* YOUR TASK *
Could you copy each line of the entries that contains "replied"?
━━━ INPUT DATA ━━━
-- ===== src/Audit/Loki/Reads.antt =====
-- audit/audit.py: which entries `query_loki` makes of the lines in a reply.
use gekko.Base.{
  ℕ, String, Option, none, some, List, [], ◌∷◌, ◌++◌, ◌≡◌, refl, ◌∙◌, arith, string_eq, ◌==◌,
  if◌then◌else◌, Option-cases, inl, inr, ap, sym, ◌⊎◌,
}
use gekko.Base.Dict.{lookup}
use gekko.Python.Errors.{Result, ok, raise, ◌>>=◌, Result-cases}
use gekko.Python.Json.{ℤ, pos, Json, str, int, obj, Fields, entries}
use gekko.Python.Integers.{int_of_text}
use gekko.Audit.Loki.{
  Entry, Stream, Source, set_default, service_label, parsed, read_value, read_values, read_streams,
  query_loki,
}

-- A line of a reply, with the label of its stream and its time stamp.
pub record Line : Type 0 where
  pub service : Option String
  pub time : String
  pub text : String

-- The first of two values that is there.
abbrev pub first_of : Option Json → Option Json → Option Json
first_of none b = b
first_of (some v) b = some v

lookup-append :
    (k : String) (d d' : Entry) → lookup k (d ++ d') ≡ first_of (lookup k d) (lookup k d')
unfolding lookup
lookup-append k [] d' = refl
lookup-append k ((j, v) ∷ d) d' = ground (arith, lookup-append k d d')

first_of-none : (o : Option Json) → first_of o none ≡ o
first_of-none none = refl
first_of-none (some v) = refl

first_of_assoc : (a b c : Option Json) → first_of (first_of a b) c ≡ first_of a (first_of b c)
first_of_assoc none b c = refl
first_of_assoc (some v) b c = refl

lookup-one : (k j : String) (v : Json) → lookup k ((j, v) ∷ []) ≡ (if k == j then some v else none)
unfolding lookup
lookup-one k j v = refl

-- A key that is there already hides a default for it.
found_first :
    (k j : String) (v w : Json) (d : Entry)
    → lookup j d ≡ some w
    → lookup k d ≡ first_of (lookup k d) (lookup k ((j, v) ∷ []))
found_first k j v w d found = elim (string_eq.dec k j) [
  | yes same ↦ let there : lookup k d ≡ some w = ap (λ x. lookup x d) same ∙ found in rw there refl
  | no other ↦
      let nothing : lookup k ((j, v) ∷ []) ≡ none = ground (arith, lookup-one k j v) in
      rw nothing (sym (first_of-none (lookup k d)))
]

lookup-set_default :
    (k j : String) (v : Json) (d : Entry)
    → lookup k (set_default j v d) ≡ first_of (lookup k d) (lookup k ((j, v) ∷ []))
lookup-set_default k j v d = elim (Option-cases (lookup j d)) [
  | inl missing ↦ rw (set_default, missing) (lookup-append k d ((j, v) ∷ []))
  | inr (w, found) ↦ rw (set_default, found) (found_first k j v w d found)
]

-- What the entry has beside the members of the line.
abbrev pub defaults : Line → ℕ → Entry
defaults l ts = ("_ts_ns", int (pos ts)) ∷ ("_service", str (service_label l.service)) ∷ []

-- The lines of a reply, stream by stream.
unfoldable pub lines_of_values : Option String → List (String × String) → List Line
lines_of_values service [] = []
lines_of_values service ((ts_ns, line) ∷ vs) =
    record { service = service; time = ts_ns; text = line } ∷ lines_of_values service vs

unfoldable pub lines_of : List Stream → List Line
lines_of [] = []
lines_of (s ∷ ss) = lines_of_values s.service s.values ++ lines_of ss

module _ (src : Source) where
  -- The members of a line: of the object that it is, or itself where it is no JSON text.
  abbrev pub HasMembers : String → Entry → Type 0
  HasMembers text d =
      ((src.loads text ≡ none) × (d ≡ ("_raw", str text) ∷ []))
      ⊎ ((fs : Fields) × (src.loads text ≡ some (obj fs)) × (d ≡ entries fs))

  -- The line has members, and its time stamp is a number.
  pub record IsReadable (l : Line) : Type 0 where
    pub members : Entry
    pub has_members : HasMembers l.text members
    pub ts : ℕ
    pub time_read : int_of_text l.time ≡ some ts

  -- An entry has the members of the line, and behind them the defaults.
  abbrev pub IsEntryOf : (l : Line) → IsReadable l → Entry → Type 0
  IsEntryOf l r e =
      (k : String) → lookup k e ≡ first_of (lookup k r.members) (lookup k (defaults l r.ts))

  abbrev pub AreReadable : List Line → Type 0
  AreReadable [] = Unit
  AreReadable (l ∷ ls) = IsReadable l × AreReadable ls

  abbrev pub AreEntriesOf : (ls : List Line) → AreReadable ls → List Entry → Type 0
  AreEntriesOf [] rs [] = Unit
  AreEntriesOf [] rs (e ∷ es) = ⊥
  AreEntriesOf (l ∷ ls) rs [] = ⊥
  AreEntriesOf (l ∷ ls) (r, rs) (e ∷ es) = IsEntryOf l r e × AreEntriesOf ls rs es

  parsed-HasMembers : (text : String) (d : Entry) → HasMembers text d → parsed src text ≡ ok d
  unfolding parsed
  parsed-HasMembers text d (inl (none_loaded, raw)) = rw (parsed, none_loaded, raw) refl
  parsed-HasMembers text d (inr (fs, loaded, same)) = rw (parsed, loaded, same) refl

  read_value-IsEntryOf :
      (l : Line) (r : IsReadable l)
      → (e : Entry) × (read_value src l.service (l.time, l.text) ≡ ok e) × IsEntryOf l r e
  unfolding read_value
  read_value-IsEntryOf l r =
      let timed = int (pos r.ts) in
      let service = str (service_label l.service) in
      (
        set_default "_service" service (set_default "_ts_ns" timed r.members),
        rw (parsed-HasMembers l.text r.members r.has_members, r.time_read) refl,
        λ k.
            lookup-set_default k "_service" service (set_default "_ts_ns" timed r.members)
            ∙ ap (λ x. first_of x (lookup k (("_service", service) ∷ [])))
                (lookup-set_default k "_ts_ns" timed r.members)
            ∙ first_of_assoc (lookup k r.members) (lookup k (("_ts_ns", timed) ∷ []))
                (lookup k (("_service", service) ∷ []))
            ∙ ap (first_of (lookup k r.members))
                (sym (lookup-append k (("_ts_ns", timed) ∷ []) (("_service", service) ∷ []))),
      )

  -- The loop over the lines of all streams.
  read_lines : List Line → Result (List Entry)
  read_lines [] = ok []
  read_lines (l ∷ ls) = do
    e ← read_value src l.service (l.time, l.text)
    es ← read_lines ls
    ok (e ∷ es)

  append_step :
      (e : Entry) (here there : Result (List Entry))
      → ((here >>= λ es. there >>= λ es'. ok (es ++ es')) >>= λ es. ok (e ∷ es))
        ≡ ((here >>= λ es. ok (e ∷ es)) >>= λ es. there >>= λ es'. ok (es ++ es'))
  append_step e (ok es) (ok es') = refl
  append_step e (ok es) (raise x) = refl
  append_step e (raise x) there = refl

  ok_right : (there : Result (List Entry)) → there ≡ (there >>= λ es. ok es)
  ok_right (ok es) = refl
  ok_right (raise x) = refl

  read_lines-append :
      (ls ls' : List Line)
      → read_lines (ls ++ ls') ≡ (read_lines ls >>= λ es. read_lines ls' >>= λ es'. ok (es ++ es'))
  unfolding read_lines
  read_lines-append [] ls' = ok_right (read_lines ls')
  read_lines-append (l ∷ ls) ls' = elim (Result-cases (read_value src l.service (l.time, l.text))) [
    | inl (e, read) ↦
        rw (read, read_lines-append ls ls') (append_step e (read_lines ls) (read_lines ls'))
    | inr (x, failed) ↦ rw failed refl
  ]

  read_values-lines :
      (service : Option String) (vs : List (String × String))
      → read_values src service vs ≡ read_lines (lines_of_values service vs)
  unfolding read_values lines_of_values read_lines
  read_values-lines service [] = refl
  read_values-lines service (v ∷ vs) = rw (read_values-lines service vs) refl

  read_streams-lines : (ss : List Stream) → read_streams src ss ≡ read_lines (lines_of ss)
  unfolding read_streams lines_of read_lines
  read_streams-lines [] = refl
  read_streams-lines (s ∷ ss) =
      rw (read_lines-append (lines_of_values s.service s.values) (lines_of ss))
        (rw (read_values-lines s.service s.values, read_streams-lines ss) refl)

  read_lines-AreEntriesOf :
      (ls : List Line) (rs : AreReadable ls)
      → (es : List Entry) × (read_lines ls ≡ ok es) × AreEntriesOf ls rs es
  unfolding read_lines
  read_lines-AreEntriesOf [] rs = ([], refl, tt)
  read_lines-AreEntriesOf (l ∷ ls) (r, rs) =
      let (e, read, is_entry) = read_value-IsEntryOf l r in
      let (es, more, are_entries) = read_lines-AreEntriesOf ls rs in
      (e ∷ es, rw (read, more) refl, (is_entry, are_entries))

  -- Where each line of the reply is an object or no JSON text, and has a number as its time stamp,
  -- the query returns one entry for each line, in their order. An entry has the members of its
  -- line, and the time stamp and the label of the stream where the line has no member of its own
  -- under `_ts_ns` or `_service`.
  pub query_loki-AreEntriesOf :
      (logql : String) (start_ns end_ns : ℤ) (limit : ℕ) (streams : List Stream)
      → src.query_range logql start_ns end_ns limit ≡ some streams
      → (rs : AreReadable (lines_of streams))
      → (es : List Entry) × (query_loki src logql start_ns end_ns limit ≡ ok es)
        × AreEntriesOf (lines_of streams) rs es
  unfolding query_loki
  query_loki-AreEntriesOf logql start end limit streams replied rs =
      let (es, read, are_entries) = read_lines-AreEntriesOf (lines_of streams) rs in
      (es, rw (query_loki, replied) (read_streams-lines streams ∙ read), are_entries)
━━━
* EXERCISE OUTPUT *
  query_loki-AreEntriesOf logql start end limit streams replied rs =
      (es, rw (query_loki, replied) (read_streams-lines streams ∙ read), are_entries)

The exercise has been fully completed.